_What this task involves_
Restate verbatim the span of lines below between the line with "all_below_sound zero p" and the line with "module _ ⦃u : Unicode⦄ where", including those two lines, and only that span.

(Saved data entries)
━━━━

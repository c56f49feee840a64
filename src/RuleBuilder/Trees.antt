-- ===== src/RuleBuilder/Trees.antt =====
-- The syntax trees of the fragments that pick episodes (app/services/rule_builder.py).
pub mod Laws
pub mod Seasons
pub mod Keys
pub mod Episodes
pub mod Floor
pub mod Search
pub mod Exact
pub mod Excluded
pub mod Rendered
use q_bittorrent_rss_rules.Prelude.{
  ℕ, zero, suc, ◌+◌, min, max, Bool, true, false, Option, none, some, List, [], ◌∷◌, ◌++◌, map, ltb,
  if◌then◌else◌, ◌≡◌, refl,
}
use q_bittorrent_rss_rules.Prelude.Text.{Text, codes, show}
use q_bittorrent_rss_rules.RuleBuilder.Regex.{
  lit, digit, separator, colon_separator, any_char, Regex, char, many, many_lazy, one_or_two,
  at_least, empty, boundary, end_of_text, seq, alt, group, optional, not_ahead, cat, literal, alts,
}
use q_bittorrent_rss_rules.RuleBuilder.Numbers.{bounded, zeros, min_0_to_99, min_1_to_99}

abbrev pub separators : Regex
separators = many separator

abbrev pub season_prefix : Regex
season_prefix =
    group (cat (char (lit b's') ∷ optional (literal (codes "eason")) ∷ many colon_separator ∷ []))

abbrev pub episode_prefix : Regex
episode_prefix = group (
    cat (
      char (lit b'e')
      ∷ optional (cat (char (lit b'p') ∷ optional (literal (codes "isode")) ∷ []))
      ∷ many colon_separator
      ∷ []))

abbrev pub any_number : Regex
any_number = cat (zeros ∷ one_or_two digit ∷ [])

abbrev pub exact : ℕ → Regex
exact value = cat (zeros ∷ literal (show value) ∷ [])

abbrev pub no_digit : Regex
no_digit = not_ahead (char digit)

abbrev pub hyphen : Regex
hyphen = char (lit b'-')

abbrev pub word_end : Regex
word_end = group (alt boundary end_of_text)

-- A season, an episode, and what follows.
abbrev pub season_episode : Regex → List Regex → Regex
season_episode season rest =
    cat (season_prefix ∷ season ∷ no_digit ∷ separators ∷ episode_prefix ∷ rest)

-- `(?:\b|$).*?\bof\b`, separators and a number of three digits.
abbrev pub daily_rest : Regex
daily_rest = cat (
    word_end
    ∷ many_lazy any_char
    ∷ boundary
    ∷ char (lit b'o')
    ∷ char (lit b'f')
    ∷ boundary
    ∷ separators
    ∷ at_least 3 digit
    ∷ [])

abbrev pub floor_trees : ℕ → ℕ → List Regex
floor_trees season episode =
    season_episode (exact season) (min_0_to_99 episode ∷ [])
    ∷ season_episode (exact season) (
        any_number
        ∷ separators
        ∷ hyphen
        ∷ separators
        ∷ optional episode_prefix
        ∷ min_0_to_99 episode
        ∷ [])
    ∷ cat (season_prefix ∷ exact season ∷ no_digit ∷ word_end ∷ [])
    ∷ cat (
        season_prefix
        ∷ any_number
        ∷ separators
        ∷ hyphen
        ∷ separators
        ∷ optional season_prefix
        ∷ min_1_to_99 season
        ∷ no_digit
        ∷ [])
    ∷ cat (
        season_prefix
        ∷ any_number
        ∷ separators
        ∷ episode_prefix
        ∷ at_least 3 digit
        ∷ daily_rest
        ∷ [])
    ∷ []

abbrev pub after_trees : ℕ → List Regex
after_trees season =
    season_episode (min_1_to_99 season) (any_number ∷ [])
    ∷ cat (season_prefix ∷ min_1_to_99 season ∷ no_digit ∷ word_end ∷ [])
    ∷ []

-- The tree of `build_episode_progress_fragment`.
unfoldable pub progress_tree : ℕ → ℕ → Regex
unfolding bounded show
progress_tree start_season start_episode =
    let season = bounded false start_season in
    let episode = bounded true start_episode in
    group (
      alts (
        if ltb season 99
        then after_trees (season + 1) ++ floor_trees season episode
        else floor_trees season episode))

-- The tree of `build_standalone_episode_fragment`, on numbers that are bounded.
unfoldable pub standalone_tree : ℕ → ℕ → Regex
unfolding show
standalone_tree season episode =
    season_episode (exact season)
      (exact episode ∷ no_digit ∷ not_ahead (cat (separators ∷ hyphen ∷ [])) ∷ [])

-- The tree of `build_below_floor_episode_fragment`, on numbers that are bounded.
unfoldable pub below_tree : ℕ → ℕ → Regex
unfolding standalone_tree show
below_tree season episode = group (
    alts (
      standalone_tree season episode
      ∷ season_episode (exact season) (
          any_number
          ∷ separators
          ∷ hyphen
          ∷ separators
          ∷ optional (group episode_prefix)
          ∷ exact episode
          ∷ no_digit
          ∷ [])
      ∷ []))

unfoldable pub below_trees : ℕ → ℕ → ℕ → List Regex
unfolding below_tree
below_trees season episode zero = []
below_trees season episode (suc count) =
    below_tree season episode ∷ below_trees season (suc episode) count

-- The tree of `build_lower_episode_exclusion_fragment` for a floor with an earlier episode.
unfoldable pub lower_tree : ℕ → ℕ → Regex
unfolding below_trees bounded
lower_tree start_season start_episode =
    group (alts (below_trees (bounded false start_season) 0 (bounded true start_episode)))

-- The tree of `build_existing_episode_exclusion_fragment` for some episodes.
unfoldable pub existing_tree : List (ℕ × ℕ) → Regex
unfolding standalone_tree bounded
existing_tree episodes =
    group (alts (map (λ (s, e). standalone_tree (bounded true s) (bounded true e)) episodes))
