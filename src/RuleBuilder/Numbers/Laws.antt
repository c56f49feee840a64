-- ===== src/RuleBuilder/Numbers/Laws.antt =====
-- The patterns for numbers match the numbers from their bound on (app/services/rule_builder.py).
use q_bittorrent_rss_rules.Prelude.{
  ℕ, zero, suc, ◌+◌, ◌*◌, ◌≤◌, ◌<◌, ◌≡◌, refl, inl, inr, Bool, true, false, ◌&&◌, ◌||◌, List, [],
  ◌∷◌, map, arith, leb, ◌=?◌, All, Bool-cases, Option, some, ◌==◌, text_eq,
}
use q_bittorrent_rss_rules.Prelude.Text.{Text}
use q_bittorrent_rss_rules.Prelude.Unicode.{Unicode}
use q_bittorrent_rss_rules.RuleBuilder.Regex.{
  Class, lit, digit, from_to, render, match_char, match_many, at_end_only, in_class,
}
use q_bittorrent_rss_rules.RuleBuilder.Numbers.{number_regex, numeric_pattern}

-- To check every number below a bound by evaluation.
unfoldable pub all_below : ℕ → (ℕ → Bool) → Bool
all_below zero p = true
all_below (suc n) p = p n && all_below n p

pub all_below_sound : (n : ℕ) (p : ℕ → Bool) (k : ℕ) → all_below n p ≡ true → k < n → p k ≡ true
unfolding all_below
all_below_sound zero p k h lt = absurd (omega arith)
all_below_sound (suc n) p k h lt = elim (Bool-cases (k =? n)) [
  | inl e ↦ ground (arith, e)
  | inr e ↦ ground (arith, e, all_below_sound n p k)
]

pub rendered : all_below 100 (λ n. render (number_regex n) == numeric_pattern n) ≡ true
unfolding all_below render number_regex numeric_pattern text_eq
rendered = refl

-- The text of a number: its digits.
abbrev pub digits : List ℕ → Text
digits = map (λ d. b'0' + d)

abbrev pub AllDigits : List ℕ → Type 0
AllDigits = All (λ d. d < 10)

-- The value of the digits behind a number that was read already.
abbrev pub value_from : ℕ → List ℕ → ℕ
value_from acc [] = acc
value_from acc (d ∷ ds) = value_from (10 * acc + d) ds

value_from-ge : (acc : ℕ) (ds : List ℕ) → acc ≤ value_from acc ds
value_from-ge acc [] = omega arith
value_from-ge acc (d ∷ ds) = omega (arith, value_from-ge (10 * acc + d) ds)

-- Leading zeros and one digit, or two, with a test for each.
abbrev pub one : (ℕ → Bool) → List ℕ → Bool
one p [] = false
one p (d ∷ []) = p d
one p (d ∷ e ∷ ds) = d =? 0 && one p (e ∷ ds)

abbrev pub two : (ℕ → Bool) → (ℕ → Bool) → List ℕ → Bool
two p q [] = false
two p q (d ∷ []) = false
two p q (d ∷ e ∷ []) = p d && q e
two p q (d ∷ e ∷ f ∷ ds) = d =? 0 && two p q (e ∷ f ∷ ds)

module _ ⦃u : Unicode⦄ where
  abbrev pub Reads : Class → (ℕ → Bool) → Type 0
  Reads c p = (d : ℕ) → d < 10 → in_class c (b'0' + d) ≡ p d

  pub zero-Reads : Reads (lit b'0') (λ d. d =? 0)
  unfolding in_class
  zero-Reads d h = ground arith

  pub is-Reads : (n : ℕ) → n < 10 → Reads (lit (b'0' + n)) (λ d. d =? n)
  unfolding in_class
  is-Reads n k d h = ground arith

  pub from-Reads : (n : ℕ) → n < 10 → Reads (from_to (b'0' + n) b'9') (λ d. leb n d)
  unfolding in_class
  from-Reads n k d h = ground arith

  pub digit-Reads : Reads digit (λ d. true)
  unfolding in_class
  digit-Reads d h = ground (arith, u.decimal_ascii d h)

  pub matches_one :
      (c : Class) (p : ℕ → Bool) (prev : Option ℕ) (ds : List ℕ)
      → Reads c p
      → AllDigits ds
      → match_many (lit b'0') (match_char c at_end_only) prev (digits ds) ≡ one p ds
  unfolding match_many match_char
  matches_one c p prev [] r h = refl
  matches_one c p prev (d ∷ []) r (h, _) = ground (arith, r d h, zero-Reads d h)
  matches_one c p prev (d ∷ e ∷ ds) r (h, hs) =
      ground (arith, zero-Reads d h, matches_one c p (some (b'0' + d)) (e ∷ ds) r hs)

  pub matches_two :
      (c b : Class) (p q : ℕ → Bool) (prev : Option ℕ) (ds : List ℕ)
      → Reads c p
      → Reads b q
      → AllDigits ds
      → match_many (lit b'0') (match_char c (match_char b at_end_only)) prev (digits ds)
        ≡ two p q ds
  unfolding match_many match_char
  matches_two c b p q prev [] r t h = refl
  matches_two c b p q prev (d ∷ []) r t (h, _) = ground (arith, zero-Reads d h)
  matches_two c b p q prev (d ∷ e ∷ []) r t (h, (k, _)) =
      ground (arith, r d h, t e k, zero-Reads d h, zero-Reads e k)
  matches_two c b p q prev (d ∷ e ∷ f ∷ ds) r t (h, hs) =
      ground (arith, zero-Reads d h, matches_two c b p q (some (b'0' + d)) (e ∷ f ∷ ds) r t hs)

-- Leading zeros and two digits with one test for both.
abbrev pub pair : (ℕ → ℕ → Bool) → List ℕ → Bool
pair t [] = false
pair t (d ∷ []) = false
pair t (d ∷ e ∷ []) = t d e
pair t (d ∷ e ∷ f ∷ ds) = d =? 0 && pair t (e ∷ f ∷ ds)

pub two-or :
    (p q p' q' : ℕ → Bool) (ds : List ℕ)
    → (two p q ds || two p' q' ds) ≡ pair (λ d e. p d && q e || p' d && q' e) ds
two-or p q p' q' [] = refl
two-or p q p' q' (d ∷ []) = refl
two-or p q p' q' (d ∷ e ∷ []) = refl
two-or p q p' q' (d ∷ e ∷ f ∷ ds) = ground (arith, two-or p q p' q' (e ∷ f ∷ ds))

pub two_lem : (p q : ℕ → Bool) (ds : List ℕ) → two p q ds ≡ pair (λ d e. p d && q e) ds
two_lem p q [] = refl
two_lem p q (d ∷ []) = refl
two_lem p q (d ∷ e ∷ []) = refl
two_lem p q (d ∷ e ∷ f ∷ ds) = ground (arith, two_lem p q (e ∷ f ∷ ds))

abbrev pub in_bounds : ℕ → ℕ → Bool
in_bounds n v = leb n v && leb v 99

-- Three digits of which the first is not zero make at least 100.
pub big : (d e f n : ℕ) (ds : List ℕ) → in_bounds n (value_from 0 (suc d ∷ e ∷ f ∷ ds)) ≡ false
big d e f n ds = ground (arith, value_from-ge (10 * (10 * (10 * 0 + suc d) + e) + f) ds)

pub pair_lem :
    (n : ℕ) (t : ℕ → ℕ → Bool) (ds : List ℕ)
    → 10 ≤ n
    → ((d e : ℕ) → d < 10 → e < 10 → t d e ≡ leb n (10 * d + e))
    → AllDigits ds
    → pair t ds ≡ in_bounds n (value_from 0 ds)
pair_lem n t [] b h a = ground arith
pair_lem n t (d ∷ []) b h (k, _) = ground arith
pair_lem n t (d ∷ e ∷ []) b h (k, (l, _)) = ground (arith, h d e k l)
pair_lem n t (zero ∷ e ∷ f ∷ ds) b h (k, a) = pair_lem n t (e ∷ f ∷ ds) b h a
pair_lem n t (suc d ∷ e ∷ f ∷ ds) b h a = rw (big d e f n ds) (ground arith)

pub low_lem :
    (n : ℕ) (ds : List ℕ)
    → 1 ≤ n
    → n ≤ 9
    → AllDigits ds
    → (one (λ d. leb n d) ds || two (λ d. leb 1 d) (λ d. true) ds) ≡ in_bounds n (value_from 0 ds)
low_lem n [] b c a = ground arith
low_lem n (d ∷ []) b c (k, _) = ground arith
low_lem n (d ∷ e ∷ []) b c (k, (l, _)) = ground arith
low_lem n (zero ∷ e ∷ f ∷ ds) b c (k, a) = low_lem n (e ∷ f ∷ ds) b c a
low_lem n (suc d ∷ e ∷ f ∷ ds) b c a = rw (big d e f n ds) (ground arith)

━━━━

_Finished exercise_
all_below_sound zero p k h lt = absurd (omega arith)
all_below_sound (suc n) p k h lt = elim (Bool-cases (k =? n)) [
  | inl e ↦ ground (arith, e)
  | inr e ↦ ground (arith, e, all_below_sound n p k)
]

pub rendered : all_below 100 (λ n. render (number_regex n) == numeric_pattern n) ≡ true
unfolding all_below render number_regex numeric_pattern text_eq
rendered = refl

-- The text of a number: its digits.
abbrev pub digits : List ℕ → Text
digits = map (λ d. b'0' + d)

abbrev pub AllDigits : List ℕ → Type 0
AllDigits = All (λ d. d < 10)

-- The value of the digits behind a number that was read already.
abbrev pub value_from : ℕ → List ℕ → ℕ
value_from acc [] = acc
value_from acc (d ∷ ds) = value_from (10 * acc + d) ds

value_from-ge : (acc : ℕ) (ds : List ℕ) → acc ≤ value_from acc ds
value_from-ge acc [] = omega arith
value_from-ge acc (d ∷ ds) = omega (arith, value_from-ge (10 * acc + d) ds)

-- Leading zeros and one digit, or two, with a test for each.
abbrev pub one : (ℕ → Bool) → List ℕ → Bool
one p [] = false
one p (d ∷ []) = p d
one p (d ∷ e ∷ ds) = d =? 0 && one p (e ∷ ds)

abbrev pub two : (ℕ → Bool) → (ℕ → Bool) → List ℕ → Bool
two p q [] = false
two p q (d ∷ []) = false
two p q (d ∷ e ∷ []) = p d && q e
two p q (d ∷ e ∷ f ∷ ds) = d =? 0 && two p q (e ∷ f ∷ ds)

module _ ⦃u : Unicode⦄ where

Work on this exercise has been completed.